◆ DIRECTIONS ◆
Your output should be each line from the material below that has the word "test".

◆ STUDY MATERIAL ◆
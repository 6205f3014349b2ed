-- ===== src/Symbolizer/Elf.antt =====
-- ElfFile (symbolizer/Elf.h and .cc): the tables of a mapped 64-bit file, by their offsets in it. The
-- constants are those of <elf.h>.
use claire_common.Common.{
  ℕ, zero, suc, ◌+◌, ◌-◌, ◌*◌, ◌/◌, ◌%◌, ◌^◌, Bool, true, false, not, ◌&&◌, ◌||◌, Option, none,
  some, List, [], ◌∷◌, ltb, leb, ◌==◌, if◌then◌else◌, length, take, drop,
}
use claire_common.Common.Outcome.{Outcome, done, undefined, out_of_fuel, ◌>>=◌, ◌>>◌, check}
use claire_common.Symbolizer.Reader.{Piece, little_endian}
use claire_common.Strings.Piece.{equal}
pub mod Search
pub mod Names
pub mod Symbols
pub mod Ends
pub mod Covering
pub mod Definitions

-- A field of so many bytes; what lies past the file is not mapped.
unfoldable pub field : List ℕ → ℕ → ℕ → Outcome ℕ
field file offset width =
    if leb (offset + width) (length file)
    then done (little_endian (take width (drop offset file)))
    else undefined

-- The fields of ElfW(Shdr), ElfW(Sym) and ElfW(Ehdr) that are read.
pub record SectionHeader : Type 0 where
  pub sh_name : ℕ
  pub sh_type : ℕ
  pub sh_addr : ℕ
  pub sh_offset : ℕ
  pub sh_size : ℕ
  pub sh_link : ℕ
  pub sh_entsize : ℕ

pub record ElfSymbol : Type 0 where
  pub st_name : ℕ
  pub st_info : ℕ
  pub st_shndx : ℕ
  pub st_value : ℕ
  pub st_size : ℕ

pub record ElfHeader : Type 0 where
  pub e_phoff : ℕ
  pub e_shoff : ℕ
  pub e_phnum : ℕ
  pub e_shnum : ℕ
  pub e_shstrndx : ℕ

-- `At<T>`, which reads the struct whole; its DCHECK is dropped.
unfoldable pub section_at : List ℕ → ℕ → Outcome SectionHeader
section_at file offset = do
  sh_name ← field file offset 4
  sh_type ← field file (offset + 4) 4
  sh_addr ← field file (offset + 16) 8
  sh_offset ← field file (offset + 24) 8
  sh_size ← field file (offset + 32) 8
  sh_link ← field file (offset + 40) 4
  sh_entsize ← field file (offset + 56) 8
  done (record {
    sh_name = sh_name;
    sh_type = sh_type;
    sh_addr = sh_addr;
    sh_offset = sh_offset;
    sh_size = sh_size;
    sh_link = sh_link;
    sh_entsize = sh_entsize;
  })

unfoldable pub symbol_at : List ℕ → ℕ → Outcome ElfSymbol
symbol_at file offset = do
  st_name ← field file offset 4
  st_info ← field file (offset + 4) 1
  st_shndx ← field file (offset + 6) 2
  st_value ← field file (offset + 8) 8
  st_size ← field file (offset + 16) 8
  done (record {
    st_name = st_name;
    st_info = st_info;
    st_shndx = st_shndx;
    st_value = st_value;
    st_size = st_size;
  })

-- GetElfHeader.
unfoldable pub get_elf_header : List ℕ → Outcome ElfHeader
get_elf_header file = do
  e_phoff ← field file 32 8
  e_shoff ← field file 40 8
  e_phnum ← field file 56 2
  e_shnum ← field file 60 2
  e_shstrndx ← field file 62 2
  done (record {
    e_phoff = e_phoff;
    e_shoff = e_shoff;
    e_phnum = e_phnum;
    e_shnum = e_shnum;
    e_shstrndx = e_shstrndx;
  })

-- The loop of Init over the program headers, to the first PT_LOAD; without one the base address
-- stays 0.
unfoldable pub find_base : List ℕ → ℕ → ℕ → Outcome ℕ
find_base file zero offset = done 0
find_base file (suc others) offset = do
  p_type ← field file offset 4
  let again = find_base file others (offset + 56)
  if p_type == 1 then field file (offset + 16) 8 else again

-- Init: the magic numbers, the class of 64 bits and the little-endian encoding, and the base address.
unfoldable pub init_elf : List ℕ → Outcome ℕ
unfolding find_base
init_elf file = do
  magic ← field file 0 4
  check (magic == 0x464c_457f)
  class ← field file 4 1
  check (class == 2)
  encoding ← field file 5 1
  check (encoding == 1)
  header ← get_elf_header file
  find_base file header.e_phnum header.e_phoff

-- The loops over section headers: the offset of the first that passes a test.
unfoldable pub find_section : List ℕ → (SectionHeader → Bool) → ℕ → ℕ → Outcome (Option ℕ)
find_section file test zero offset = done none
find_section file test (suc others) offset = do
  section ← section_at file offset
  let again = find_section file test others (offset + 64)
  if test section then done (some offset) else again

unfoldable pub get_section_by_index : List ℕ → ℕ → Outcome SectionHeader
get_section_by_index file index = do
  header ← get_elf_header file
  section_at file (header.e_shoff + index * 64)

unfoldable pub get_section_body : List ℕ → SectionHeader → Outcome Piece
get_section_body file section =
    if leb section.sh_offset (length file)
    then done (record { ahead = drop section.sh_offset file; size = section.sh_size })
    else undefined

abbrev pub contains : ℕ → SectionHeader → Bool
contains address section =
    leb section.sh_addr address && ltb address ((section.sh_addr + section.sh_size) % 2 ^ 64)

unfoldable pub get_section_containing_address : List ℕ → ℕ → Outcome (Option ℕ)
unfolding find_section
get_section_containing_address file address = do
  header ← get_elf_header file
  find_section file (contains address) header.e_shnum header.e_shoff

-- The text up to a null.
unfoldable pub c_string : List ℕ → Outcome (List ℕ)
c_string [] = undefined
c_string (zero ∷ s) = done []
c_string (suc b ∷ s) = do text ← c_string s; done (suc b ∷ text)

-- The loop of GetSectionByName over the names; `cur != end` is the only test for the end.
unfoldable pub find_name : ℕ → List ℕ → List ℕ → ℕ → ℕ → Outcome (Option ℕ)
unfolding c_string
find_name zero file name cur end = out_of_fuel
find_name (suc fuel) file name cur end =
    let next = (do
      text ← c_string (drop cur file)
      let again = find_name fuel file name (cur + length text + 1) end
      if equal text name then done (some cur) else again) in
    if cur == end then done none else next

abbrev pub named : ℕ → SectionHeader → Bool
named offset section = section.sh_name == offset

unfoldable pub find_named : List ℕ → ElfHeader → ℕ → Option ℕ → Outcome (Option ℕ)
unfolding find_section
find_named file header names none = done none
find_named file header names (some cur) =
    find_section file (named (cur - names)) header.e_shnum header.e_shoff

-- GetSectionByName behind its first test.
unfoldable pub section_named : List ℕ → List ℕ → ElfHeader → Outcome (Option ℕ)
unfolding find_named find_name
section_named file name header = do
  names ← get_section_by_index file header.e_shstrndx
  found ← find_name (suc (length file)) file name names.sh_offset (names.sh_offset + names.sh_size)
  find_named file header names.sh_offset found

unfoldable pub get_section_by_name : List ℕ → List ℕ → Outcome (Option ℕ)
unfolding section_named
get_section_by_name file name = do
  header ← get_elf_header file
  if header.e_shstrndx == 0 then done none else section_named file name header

◆ ANSWER TO THIS EXERCISE ◆
-- The loops over section headers: the offset of the first that passes a test.
find_section file test zero offset = done none
find_section file test (suc others) offset = do
  let again = find_section file test others (offset + 64)
  if test section then done (some offset) else again
-- The loop of GetSectionByName over the names; `cur != end` is the only test for the end.
-- GetSectionByName behind its first test.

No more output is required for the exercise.